-- Your goal --
Find every line below with the word "Method" in it, and copy each one.

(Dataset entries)
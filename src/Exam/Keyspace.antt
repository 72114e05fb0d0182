-- ===== src/Exam/Keyspace.antt =====
-- `ExamKeyspaceHandler` of src/modules/exam/exam-keyspace.handler.ts, which reacts when a key of
-- an exam expires. `expire_session` is what `handleSessionExpiry` does with the row that it read.
use ios_backend.Base.{
  ℕ, Option, none, some, String, [], ◌∷◌, if◌then◌else◌, or_else, find, update, Action, pure, gets,
  modify, ◌>>=◌, ◌>>◌,
}
use ios_backend.Redis.Keys.{KeyspaceExpired}
use ios_backend.Exam.Types.{TestSession, TestSessionStatus, Db, is_active, session_has_id}
use ios_backend.Exam.Platform.{Platform, on_redis}
use ios_backend.Exam.TestSessions.{start_grace}
use ios_backend.Exam.Submit.{auto_submit_from_snapshot}

module _ (env : Platform) where
  open env use {redis}

  abbrev Method : Type 0 → Type 0
  Method A = Action (Db redis.Store) A

  -- `ExamGateway.emitSessionExpired`
  unfoldable pub emit_session_expired : String → Method (Unit {0})
  emit_session_expired session_id = modify (λ s. record s { emitted = session_id ∷ s.emitted })

  unfoldable pub expire_session : TestSession → ℕ → Method (Unit {0})
  unfolding start_grace emit_session_expired
  expire_session session now = do
    modify (λ s. record s {
      sessions =
          update (session_has_id session.id) (λ t. record t { status = TestSessionStatus.expired })
            s.sessions;
    })
    on_redis (start_grace env now session.id (or_else session.snapshot []))
    emit_session_expired session.id

  abbrev expire_row : Option TestSession → ℕ → Method (Unit {0})
  expire_row none now = pure tt
  expire_row (some session) now =
      if is_active session.status then expire_session session now else pure tt

  unfoldable pub handle_session_expiry : String → ℕ → Method (Unit {0})
  unfolding expire_session
  handle_session_expiry session_id now = do
    row ← gets (λ s. find (session_has_id session_id) s.sessions)
    expire_row row now

  unfoldable pub handle_expiry : KeyspaceExpired → ℕ → String → Method (Unit {0})
  unfolding handle_session_expiry auto_submit_from_snapshot
  handle_expiry (KeyspaceExpired.session session_id) now attempt_id =
      handle_session_expiry session_id now
  handle_expiry (KeyspaceExpired.grace session_id) now attempt_id =
      auto_submit_from_snapshot env session_id now attempt_id
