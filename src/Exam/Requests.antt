-- ===== src/Exam/Requests.antt =====
-- Requests of many students on one database, between the awaits of src/modules/exam/exam.service.ts
-- and src/modules/exam/exam-keyspace.handler.ts. A request that has read a session row holds it, and
-- acts on it later, after any steps of others; a conditional UPDATE, an INSERT in the same
-- transaction, and one call of Redis are single steps. The expiry handler reads and writes in one
-- step here; `Requests.ExpiryRace` is about what happens when it does not.
pub mod Rows
pub mod Accounting
pub mod ExpiryRace
use ios_backend.Base.{ℕ, ◌≡◌, Bool, false, some, String, List, ◌∷◌, ◌==◌, Memᴰ, All, count, find}
use ios_backend.Exam.Types.{TestSession, Answers, AttemptStatus, Db, session_has_id}
use ios_backend.Exam.Platform.{Platform}
use ios_backend.Exam.Codes.{Fresh, assign_exam, assign_next_exam}
use ios_backend.Exam.Sessions.{mirror_snapshot}
use ios_backend.Exam.Start.{start_exam}
use ios_backend.Exam.Submit.{score_and_persist}
use ios_backend.Exam.Keyspace.{handle_session_expiry}

-- The store, and the session rows that requests have read and may still act on.
pub record World (R : Type 0) : Type 0 where
  pub db : Db R
  pub held : List TestSession

abbrev pub with_db : {R : Type 0} → World R → Db R → World R
with_db w s = record w { db = s }

module _ (env : Platform) where
  open env use {redis}

  pub data Step (w : World redis.Store) : World redis.Store → Type 0 where
    -- a guard reads a session
    reads :
        (id : String) (row : TestSession)
        → find (session_has_id id) w.db.sessions ≡ some row
        → Step w (record w { held = row ∷ w.held })
    -- a submit, late submit or automatic submit scores the row that it has read
    closes :
        (row : TestSession) (answers : Answers) (status : AttemptStatus) (late : Bool) (now : ℕ)
        (attempt_id : String)
        → Memᴰ row w.held
        → Step w (with_db w (score_and_persist env row answers status late now attempt_id w.db).1)
    -- an autosave writes its snapshot
    mirrors :
        (row : TestSession) (answers : Answers)
        → Memᴰ row w.held
        → Step w (with_db w (mirror_snapshot env row answers w.db).1)
    -- a start, under an id that no row has had
    starts :
        (user_id code exam_id session_id : String) (now : ℕ)
        → count (session_has_id session_id) w.db.sessions ≡ 0
        → All (λ row. (row.id == session_id) ≡ false) w.held
        → Step w (with_db w (start_exam env user_id code exam_id session_id now w.db).1)
    -- the key of a session expires
    expires :
        (session_id : String) (now : ℕ)
        → Step w (with_db w (handle_session_expiry env session_id now w.db).1)
    assigns :
        (user_id exam_id cert_id : String) (fresh : Fresh) (now : ℕ)
        → Step w (with_db w (assign_exam env user_id exam_id cert_id fresh now w.db).1)
    assigns_next :
        (user_id cert_id : String) (fresh : Fresh) (now : ℕ)
        → Step w (with_db w (assign_next_exam env user_id cert_id fresh now w.db).1)
    -- any call of Redis, and the passing of time there
    redis_moves : (t : redis.Store) → Step w (with_db w (record w.db { redis = t }))

  pub data Reach (w : World redis.Store) : World redis.Store → Type 0 where
    here : Reach w w
    next : {v u : World redis.Store} → Reach w v → Step v u → Reach w u
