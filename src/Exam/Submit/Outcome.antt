-- ===== src/Exam/Submit/Outcome.antt =====
-- What closing a session does to the tables, however the request came to it.
use ios_backend.Base.{
  ℕ, ◌≡◌, ◌≢◌, Bool, none, String, ◌∷◌, find, count, update, ok, err, pure, ◌>>◌, ◌↔◌, conflict,
  arith, eq_iff,
}
use ios_backend.Exam.Types.{
  Answers, TestSession, AttemptStatus, ExamAttempt, Db, is_open_with_id, exam_has_id,
}
use ios_backend.Exam.Platform.{Platform, on_redis}
use ios_backend.Exam.Scoring.{score_answers, ScoreResult}
use ios_backend.Redis.Keys.{session_key}
use ios_backend.Exam.TestSessions.{delete_session}
use ios_backend.Exam.Submit.{
  persist_attempt, score_and_persist, close_session, closing_status, new_attempt,
}

module _ (env : Platform) where
  open env use {redis}

  -- The tables after a session has been closed.
  abbrev pub closed :
      TestSession → Answers → AttemptStatus → ExamAttempt → ℕ → Db redis.Store → Db redis.Store
  closed session answers status attempt now s = record s {
    sessions =
        update (is_open_with_id session.id) (close_session (closing_status status) now answers)
          s.sessions;
    attempts = attempt ∷ s.attempts;
  }

  pub persist_attempt_open :
      (session : TestSession) (answers : Answers) (status : AttemptStatus) (attempt : ExamAttempt)
      (now : ℕ) (s : Db redis.Store)
      → attempt.user_id ≡ session.user_id
      → count (is_open_with_id session.id) s.sessions ≡ 1
      → persist_attempt env session answers status attempt now s
        ≡ (ok tt, closed session answers status attempt now s)
  unfolding persist_attempt
  persist_attempt_open session answers status attempt now s own one =
      ground (arith, eq_iff session.user_id attempt.user_id)

  pub persist_attempt_closed :
      (session : TestSession) (answers : Answers) (status : AttemptStatus) (attempt : ExamAttempt)
      (now : ℕ) (s : Db redis.Store)
      → count (is_open_with_id session.id) s.sessions ≢ 1
      → persist_attempt env session answers status attempt now s
        ≡ (err (conflict "Session has already been submitted"), s)
  unfolding persist_attempt
  persist_attempt_closed session answers status attempt now s other = ground arith

  -- The scoring of the exam that a session is for, as the tables stand.
  abbrev pub result_for : TestSession → Answers → Db redis.Store → ScoreResult
  result_for session answers s =
      score_answers env.rounding answers (find (exam_has_id session.exam_id) s.exams)

  abbrev pub attempt_for :
      TestSession → Answers → AttemptStatus → Bool → ℕ → String → Db redis.Store → ExamAttempt
  attempt_for session answers status late now attempt_id s =
      new_attempt env session answers status late now attempt_id (result_for session answers s)

  pub score_and_persist_open :
      (session : TestSession) (answers : Answers) (status : AttemptStatus) (late : Bool) (now : ℕ)
      (id : String) (s : Db redis.Store)
      → count (is_open_with_id session.id) s.sessions ≡ 1
      → let closed_db =
          closed session answers status (attempt_for session answers status late now id s) now s in
        score_and_persist env session answers status late now id s
        ≡ (on_redis (delete_session env now session.id) >> pure (result_for session answers s))
            closed_db
  unfolding score_and_persist persist_attempt
  score_and_persist_open session answers status late now id s one =
      ground (arith, eq_iff session.user_id session.user_id)

  pub score_and_persist_closed :
      (session : TestSession) (answers : Answers) (status : AttemptStatus) (late : Bool) (now : ℕ)
      (id : String) (s : Db redis.Store)
      → count (is_open_with_id session.id) s.sessions ≢ 1
      → score_and_persist env session answers status late now id s
        ≡ (err (conflict "Session has already been submitted"), s)
  unfolding score_and_persist persist_attempt
  score_and_persist_closed session answers status late now id s other = ground arith

  pub score_and_persist_commits :
      (session : TestSession) (answers : Answers) (status : AttemptStatus) (late : Bool) (now : ℕ)
      (id : String) (s : Db redis.Store)
      → count (is_open_with_id session.id) s.sessions ≡ 1
      → let (r, t) = score_and_persist env session answers status late now id s in
        let wanted =
          closed session answers status (attempt_for session answers status late now id s) now s in
        (t ≡ record wanted { redis = t.redis })
        × ((r ≡ ok (result_for session answers s))
            ↔ (redis.del (session_key session.id) s.redis ≢ none))
  unfolding delete_session
  score_and_persist_commits session answers status late now id s one =
      rw (score_and_persist_open session answers status late now id s one)
        (ground arith, ((λ k. ground arith), (λ k. ground arith)))
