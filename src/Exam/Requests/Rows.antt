-- ===== src/Exam/Requests/Rows.antt =====
-- Which sessions and attempts the handlers write that close no session.
use ios_backend.Base.{
  ℕ, ◌≡◌, refl, ◌⊎◌, inl, inr, true, some, String, List, ◌∷◌, find, count, update, delete_none,
  find_holds, is_some, Bool-cases, Option-cases, Outcome-cases, arith, eq_iff, eq_refl,
}
use ios_backend.Exam.Types.{
  Exam, ExamAccessCode, TestSession, TestSessionStatus, Db, is_active, is_active_for,
  session_has_id,
}
use ios_backend.Exam.Platform.{Platform}
use ios_backend.Exam.Codes.{Fresh, assign_exam, assign_next_exam, find_and_verify_code}
use ios_backend.Exam.Keyspace.{handle_session_expiry}
use ios_backend.Exam.Start.{begin_session, start_exam}
use ios_backend.Exam.Start.Outcome.{begin_session-cases, find_and_verify_code-keeps, started_row}

abbrev pub expire_rows : String → List TestSession → List TestSession
expire_rows id = update (session_has_id id) (λ t. record t { status = TestSessionStatus.expired })

module _ (env : Platform) where
  open env use {redis, start_faults}

  pub assign_exam-rows :
      (user_id exam_id cert_id : String) (fresh : Fresh) (now : ℕ) (s : Db redis.Store)
      → let t = (assign_exam env user_id exam_id cert_id fresh now s).1 in
        (t.sessions ≡ s.sessions) × (t.attempts ≡ s.attempts)
  unfolding assign_exam
  assign_exam-rows user_id exam_id cert_id fresh now s = (ground arith, ground arith)

  pub assign_next_exam-rows :
      (user_id cert_id : String) (fresh : Fresh) (now : ℕ) (s : Db redis.Store)
      → let t = (assign_next_exam env user_id cert_id fresh now s).1 in
        (t.sessions ≡ s.sessions) × (t.attempts ≡ s.attempts)
  unfolding assign_next_exam
  assign_next_exam-rows user_id cert_id fresh now s = (ground arith, ground arith)

  pub handle_session_expiry-rows :
      (id : String) (now : ℕ) (s : Db redis.Store)
      → let t = (handle_session_expiry env id now s).1 in
        (t.attempts ≡ s.attempts)
        × ((t.sessions ≡ s.sessions)
            ⊎ ((row : TestSession) × (find (session_has_id id) s.sessions ≡ some row)
                × (is_active row.status ≡ true)
                × (t.sessions ≡ expire_rows id s.sessions)))
  unfolding handle_session_expiry
  handle_session_expiry-rows id now s = elim (Option-cases (find (session_has_id id) s.sessions)) [
    | inl missing ↦ (ground (arith, missing), inl (ground (arith, missing)))
    | inr (row, found) ↦
        let same : row.id ≡ id =
          (eq_iff row.id id).0 (find_holds (session_has_id id) s.sessions row found) in
        elim (Bool-cases (is_active row.status)) [
          | inl active ↦ (
            ground (arith, found, active),
            inr (row, found, active, ground (arith, found, active, same)),
          )
          | inr other ↦ (ground (arith, found, other), inl (ground (arith, found, other)))
        ]
  ]

  begin_session-rows :
      (user_id exam_id session_id : String) (now : ℕ) (found : ExamAccessCode × Exam)
      (s : Db redis.Store)
      → count (session_has_id session_id) s.sessions ≡ 0
      → let t = (begin_session env user_id exam_id session_id now found s).1 in
        (t.attempts ≡ s.attempts)
        × ((t.sessions ≡ s.sessions)
            ⊎ (t.sessions ≡ started_row env user_id exam_id session_id now found ∷ s.sessions))
  begin_session-rows user_id exam_id session_id now found s fresh =
      elim (begin_session-cases env user_id exam_id session_id now found s) [
        | inl used ↦ rw used (refl, inl refl)
        | inr (inl (r, failed, why)) ↦ elim (Bool-cases (start_faults session_id).compensation) [
          | inl e ↦ (ground (arith, failed, e), inr (ground (arith, failed, e)))
          | inr e ↦ (
            ground (arith, failed, e),
            inl (
                ground (
                  arith,
                  failed,
                  e,
                  eq_refl session_id,
                  delete_none (session_has_id session_id) s.sessions,
                )),
          )
        ]
        | inr (inr (q, accepted, unused, done)) ↦ rw done (refl, inr refl)
      ]

  pub start_exam-rows :
      (user_id code exam_id session_id : String) (now : ℕ) (s : Db redis.Store)
      → count (session_has_id session_id) s.sessions ≡ 0
      → let t = (start_exam env user_id code exam_id session_id now s).1 in
        (t.attempts ≡ s.attempts)
        × ((t.sessions ≡ s.sessions)
            ⊎ ((found : ExamAccessCode × Exam) × (t.sessions
                  ≡ started_row env user_id exam_id session_id now found ∷ s.sessions)))
  unfolding start_exam
  start_exam-rows user_id code exam_id session_id now s fresh =
      let keeps = find_and_verify_code-keeps env user_id code exam_id now s in
      elim (Outcome-cases (find_and_verify_code env user_id code exam_id now s)) [
        | inr (x, u, bad) ↦ (ground (arith, bad, keeps), inl (ground (arith, bad, keeps)))
        | inl (found, u, good) ↦
            elim (Bool-cases (is_some (find (is_active_for user_id exam_id) s.sessions))) [
              | inl active ↦
                  (ground (arith, good, keeps, active), inl (ground (arith, good, keeps, active)))
              | inr idle ↦
                  let (attempts, rows) =
                    begin_session-rows user_id exam_id session_id now found s fresh in
                  (
                    ground (arith, good, keeps, idle, attempts),
                    elim rows [
                      | inl same ↦ inl (ground (arith, good, keeps, idle, same))
                      | inr added ↦ inr (found, ground (arith, good, keeps, idle, added))
                    ],
                  )
            ]
      ]
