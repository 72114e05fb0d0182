-- ===== src/Exam/Start/Atomic.antt =====
-- A start that fails leaves no trace.
use ios_backend.Base.{
  ℕ, ◌≡◌, refl, true, sym, ap, ◌∙◌, ◌⊎◌, find, inl, inr, false, ◌&&◌, ◌==◌, none, some, String,
  List, [], ◌∷◌, is_some, count, update, Bool-cases, err, Outcome-cases, Exception, arith, eq_refl,
  delete_none, HasUniqueKeys, All-alone,
}
use ios_backend.Exam.Types.{
  Exam, ExamAccessCode, TestSession, Db, is_active_for, session_has_id, is_unused_with_id,
  code_has_id,
}
use ios_backend.Exam.Platform.{Platform}
use ios_backend.Exam.Codes.{find_and_verify_code}
use ios_backend.Exam.Codes.Matching.{find_and_verify_code_sound}
use ios_backend.Exam.Start.{mark_used, begin_session, start_exam}
use ios_backend.Exam.Start.Outcome.{begin_session-cases, find_and_verify_code-keeps}

abbrev pub code_id : ExamAccessCode → String
code_id c = c.id

abbrev pub session_id_of : TestSession → String
session_id_of s = s.id

-- Every code with this id is unused.
abbrev pub OnlyUnused : List ExamAccessCode → String → Type 0
OnlyUnused codes id = count (λ c. c.id == id && is_some c.used_at) codes ≡ 0

-- Using a code up and freeing it again gives back the table, where no other row shares its id.
restore_codes :
    (now : ℕ) (id : String) (codes : List ExamAccessCode)
    → OnlyUnused codes id
    → update
        (code_has_id id)
        (mark_used none)
        (update (is_unused_with_id id) (mark_used (some now)) codes)
      ≡ codes
restore_codes now id [] h = refl
restore_codes now id (c ∷ cs) h = ground (arith, restore_codes now id cs)

module _ (env : Platform) where
  open env use {redis, start_faults}

  -- The tables are as they were, and so is Redis, unless its answer was lost.
  abbrev IsTakenBack : String → Db redis.Store → Db redis.Store → Type 0
  IsTakenBack session_id s t =
      (t ≡ record s { redis = t.redis })
      × ((t.redis ≡ s.redis) ⊎ ((start_faults session_id).lost_reply ≡ true))

  same-IsTakenBack :
      (session_id : String) (s t : Db redis.Store) → t ≡ s → IsTakenBack session_id s t
  same-IsTakenBack session_id s t h =
      (h ∙ ap (λ u. record s { redis = u.redis }) (sym h), inl (ap (λ u. u.redis) h))

  -- A start whose code is verified and then fails gives back every table as it was, if the new
  -- row's id is new and the code is the only one of its id that could be in use.
  begin_session-IsTakenBack :
      (user_id exam_id session_id : String) (now : ℕ) (found : ExamAccessCode × Exam)
      (s t : Db redis.Store) (e : Exception)
      → count (session_has_id session_id) s.sessions ≡ 0
      → OnlyUnused s.codes found.0.id
      → (start_faults session_id).compensation ≡ false
      → (start_faults session_id).load ≡ false
      → begin_session env user_id exam_id session_id now found s ≡ (err e, t)
      → IsTakenBack session_id s t
  begin_session-IsTakenBack user_id exam_id session_id now found s t e fresh unused undone loaded
        h =
      elim (begin_session-cases env user_id exam_id session_id now found s) [
        | inl used ↦ (cc (sym used ∙ h), inl (cc (ap (λ o. o.1.redis) (sym used ∙ h))))
        | inr (inl (r, failed, why)) ↦
            let back : t ≡ record s { redis = r } = ground (
              arith,
              failed,
              undone,
              h,
              restore_codes now found.0.id s.codes,
              delete_none (session_has_id session_id) s.sessions,
              eq_refl session_id,
            ) in
            (
              back ∙ ap (λ u. record s { redis = u.redis }) (sym back),
              elim why [ inl same ↦ inl (ap (λ u. u.redis) back ∙ same) | inr lost ↦ inr lost ],
            )
        | inr (inr (q, accepted, free, done)) ↦ absurd (ground (arith, done, loaded, h))
      ]

  -- If the ids of codes are distinct and the id of the new session is new, a `startExam` that throws
  -- has changed no table, Redis refusing the key included, and no key of Redis, unless the key was
  -- set and only the answer of Redis was lost. It is taken that the transaction that takes the start
  -- back does not fail, nor the reading of the questions at the end: each of these leaves the session
  -- and the used code behind.
  pub start_exam_fails :
      (user_id code exam_id session_id : String) (now : ℕ) (s t : Db redis.Store) (e : Exception)
      → HasUniqueKeys code_id s.codes
      → count (session_has_id session_id) s.sessions ≡ 0
      → (start_faults session_id).compensation ≡ false
      → (start_faults session_id).load ≡ false
      → start_exam env user_id code exam_id session_id now s ≡ (err e, t)
      → (t ≡ record s { redis = t.redis })
        × ((t.redis ≡ s.redis) ⊎ ((start_faults session_id).lost_reply ≡ true))
  unfolding start_exam
  start_exam_fails user_id code exam_id session_id now s t e unique fresh undone loaded h =
      let keeps = find_and_verify_code-keeps env user_id code exam_id now s in
      elim (Outcome-cases (find_and_verify_code env user_id code exam_id now s)) [
        | inr (x, u, bad) ↦ same-IsTakenBack session_id s t (ground (arith, bad, keeps, h))
        | inl ((c, exam), u, good) ↦
            let (_, _, (_, _, unused), _, alone) =
              find_and_verify_code_sound env
                (λ y. is_some y.used_at ≡ false → OnlyUnused s.codes y.id) user_id code exam_id now
                s u c exam good (All-alone code_id (λ y. is_some y.used_at) s.codes unique) in
            elim (Bool-cases (is_some (find (is_active_for user_id exam_id) s.sessions))) [
              | inl active ↦
                  same-IsTakenBack session_id s t (ground (arith, good, keeps, active, h))
              | inr idle ↦
                  begin_session-IsTakenBack user_id exam_id session_id now (c, exam) s t e fresh
                    (alone (ground arith)) undone loaded (ground (arith, good, keeps, idle, h))
            ]
      ]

-- Exercise solution --
  abbrev Method : Type 0 → Type 0
  Method A = Action (Db redis.Store) A
  unfoldable pub emit_session_expired : String → Method (Unit {0})
  unfoldable pub expire_session : TestSession → ℕ → Method (Unit {0})
  abbrev expire_row : Option TestSession → ℕ → Method (Unit {0})
  unfoldable pub handle_session_expiry : String → ℕ → Method (Unit {0})
  unfoldable pub handle_expiry : KeyspaceExpired → ℕ → String → Method (Unit {0})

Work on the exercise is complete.